● What the exercise asks
Line by line, please look for the word "Type" in the following records, then copy each line you find it in.

● Material for this task
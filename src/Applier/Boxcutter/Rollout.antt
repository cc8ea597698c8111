-- ===== src/Applier/Boxcutter/Rollout.antt =====
-- `Boxcutter.Apply`, and shouldSkipPreflight of preflight.go.
use operator_controller.Prelude.{
  String, List, [], ◌∷◌, ◌++◌, Option, none, some, Bool, true, false, Result, ok, err,
  if◌then◌else◌, ◌&&◌, ◌==◌,
}
use operator_controller.Exec.{◌>>=◌, ◌>>◌, pure, raise}
use operator_controller.Applier.Packer.{EncodingApi}
use operator_controller.Applier.Boxcutter.{
  Existing, Desired, Extension, ApiError, invalid, already_exists, not_found, other, ApplyError,
  no_revision_installed, generating, getting_gvk, packing_for_comparison, patching_revision,
  failing_preflight, BoxCall, generate, apply_revision, preflight_install, preflight_upgrade,
  PreflightCheck, Boxcutter, Calls, BoxCluster, enforcement_none,
}
use operator_controller.Applier.Boxcutter.Revisions.{
  last_revision, get_objects, save_inline_objects, restore_inline_objects, replace_inline_with_refs,
}
use operator_controller.Applier.Boxcutter.Apply.{
  Box, embed, request, get_existing_revisions, pack_revision, wrap_pack,
  create_externalized_revision, ensure_secret_owner_references,
}

-- the states of an installation
pub data InstallState : Type 0 where
  needs_install needs_upgrade unchanged : InstallState

-- `shouldSkipPreflight`
unfoldable pub should_skip_preflight : PreflightCheck → Extension → Bool
should_skip_preflight check ext = elim ext.enforcement [
  | none ↦ false
  | some e ↦ check.is_crd_upgrade_safety && (e == enforcement_none)
]

abbrev pub state_of : String → Result ApiError Unit → Result ApplyError InstallState
state_of name (ok _) = ok unchanged
state_of name (err invalid) = ok needs_upgrade
state_of name (err already_exists) = err (patching_revision name already_exists)
state_of name (err not_found) = err (patching_revision name not_found)
state_of name (err (other e)) = err (patching_revision name (other e))

module _ (x : EncodingApi) (R : Type 0) (cl : BoxCluster x.Object R) (bc : Boxcutter) where
  open x use {Object}

  abbrev BoxOf : Type 0 → Type 0
  BoxOf A = Box x R cl bc A

  -- a call whose error the code looks at
  unfoldable pub attempt :
      BoxCall Object R → (Calls Object R → Result ApiError Unit) → BoxOf (Result ApiError Unit)
  attempt c answer calls = let now = calls ++ c ∷ [] in (ok (answer now), now)

  -- the server-side apply of the current revision, which tells whether it changes
  unfoldable pub compare_with :
      Extension → Desired Object R → Option Existing → BoxOf (InstallState × Desired Object R)
  compare_with ext desired none = pure (needs_install, desired)
  compare_with ext desired (some current) = do
    let named = record desired { revision = current.revision; name = current.name }
    packed ← embed x R cl bc (
        wrap_pack x R cl bc packing_for_comparison (pack_revision x R cl bc current.name ext named))
    let packed_rev = replace_inline_with_refs named packed.refs
    answer ← attempt (apply_revision packed_rev) cl.on_apply
    state ← embed x R cl bc (state_of current.name answer)
    pure (state, restore_inline_objects packed_rev (save_inline_objects named))

  abbrev pub run_preflight : InstallState → PreflightCheck → List Object → BoxOf Unit
  run_preflight needs_install check objs =
      request x R cl bc (preflight_install check.name objs) cl.on_preflight failing_preflight
  run_preflight needs_upgrade check objs =
      request x R cl bc (preflight_upgrade check.name objs) cl.on_preflight failing_preflight
  run_preflight unchanged check objs = pure tt

  unfoldable pub run_preflights :
      Extension → InstallState → List Object → List PreflightCheck → BoxOf Unit
  run_preflights ext state objs [] = pure tt
  run_preflights ext state objs (check ∷ checks) = do
    if should_skip_preflight check ext then pure tt else run_preflight state check objs
    run_preflights ext state objs checks

  unfoldable pub ensure_owners : Option Existing → BoxOf Unit
  ensure_owners none = pure tt
  ensure_owners (some current) =
      if current.name == "" then pure tt else ensure_secret_owner_references x R cl bc current

  unfoldable pub conclude_apply :
      Extension → InstallState → Desired Object R → List Existing → BoxOf Unit
  conclude_apply ext needs_install desired existing =
      create_externalized_revision x R cl bc ext desired existing
  conclude_apply ext needs_upgrade desired existing =
      create_externalized_revision x R cl bc ext desired existing
  conclude_apply ext unchanged desired existing = ensure_owners (last_revision existing)

  abbrev pub gvk_of : Result String (String × String) → Result ApplyError (String × String)
  gvk_of (ok g) = ok g
  gvk_of (err e) = err (getting_gvk e)

  -- the owner reference to the extension
  abbrev pub with_owner : Extension → String × String → Desired Object R → Desired Object R
  with_owner ext (api_version, kind) rev = record rev {
    owners =
        rev.owners
        ++ record { api_version = api_version; kind = kind; name = ext.name; uid = ext.uid } ∷ [];
  }

  unfoldable pub apply_content : Extension → List Existing → BoxOf Unit
  apply_content ext existing = do
    generated ← request x R cl bc generate cl.on_generate generating
    g ← embed x R cl bc (gvk_of cl.gvk)
    (state, desired) ← compare_with ext (with_owner ext g generated) (last_revision existing)
    run_preflights ext state (get_objects desired) bc.preflights
    conclude_apply ext state desired existing

  -- the branch without content
  abbrev pub maintain : List Existing → BoxOf Unit
  maintain [] = raise no_revision_installed
  maintain (_ ∷ _) = pure tt

  -- `Apply`: whether it is a rollout that succeeded
  unfoldable pub apply : Bool → Extension → BoxOf Bool
  apply has_content ext = do
    existing ← get_existing_revisions x R cl bc ext.name
    if has_content then apply_content ext existing else maintain existing
    pure true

● Task output
pub data InstallState : Type 0 where
module _ (x : EncodingApi) (R : Type 0) (cl : BoxCluster x.Object R) (bc : Boxcutter) where
  abbrev BoxOf : Type 0 → Type 0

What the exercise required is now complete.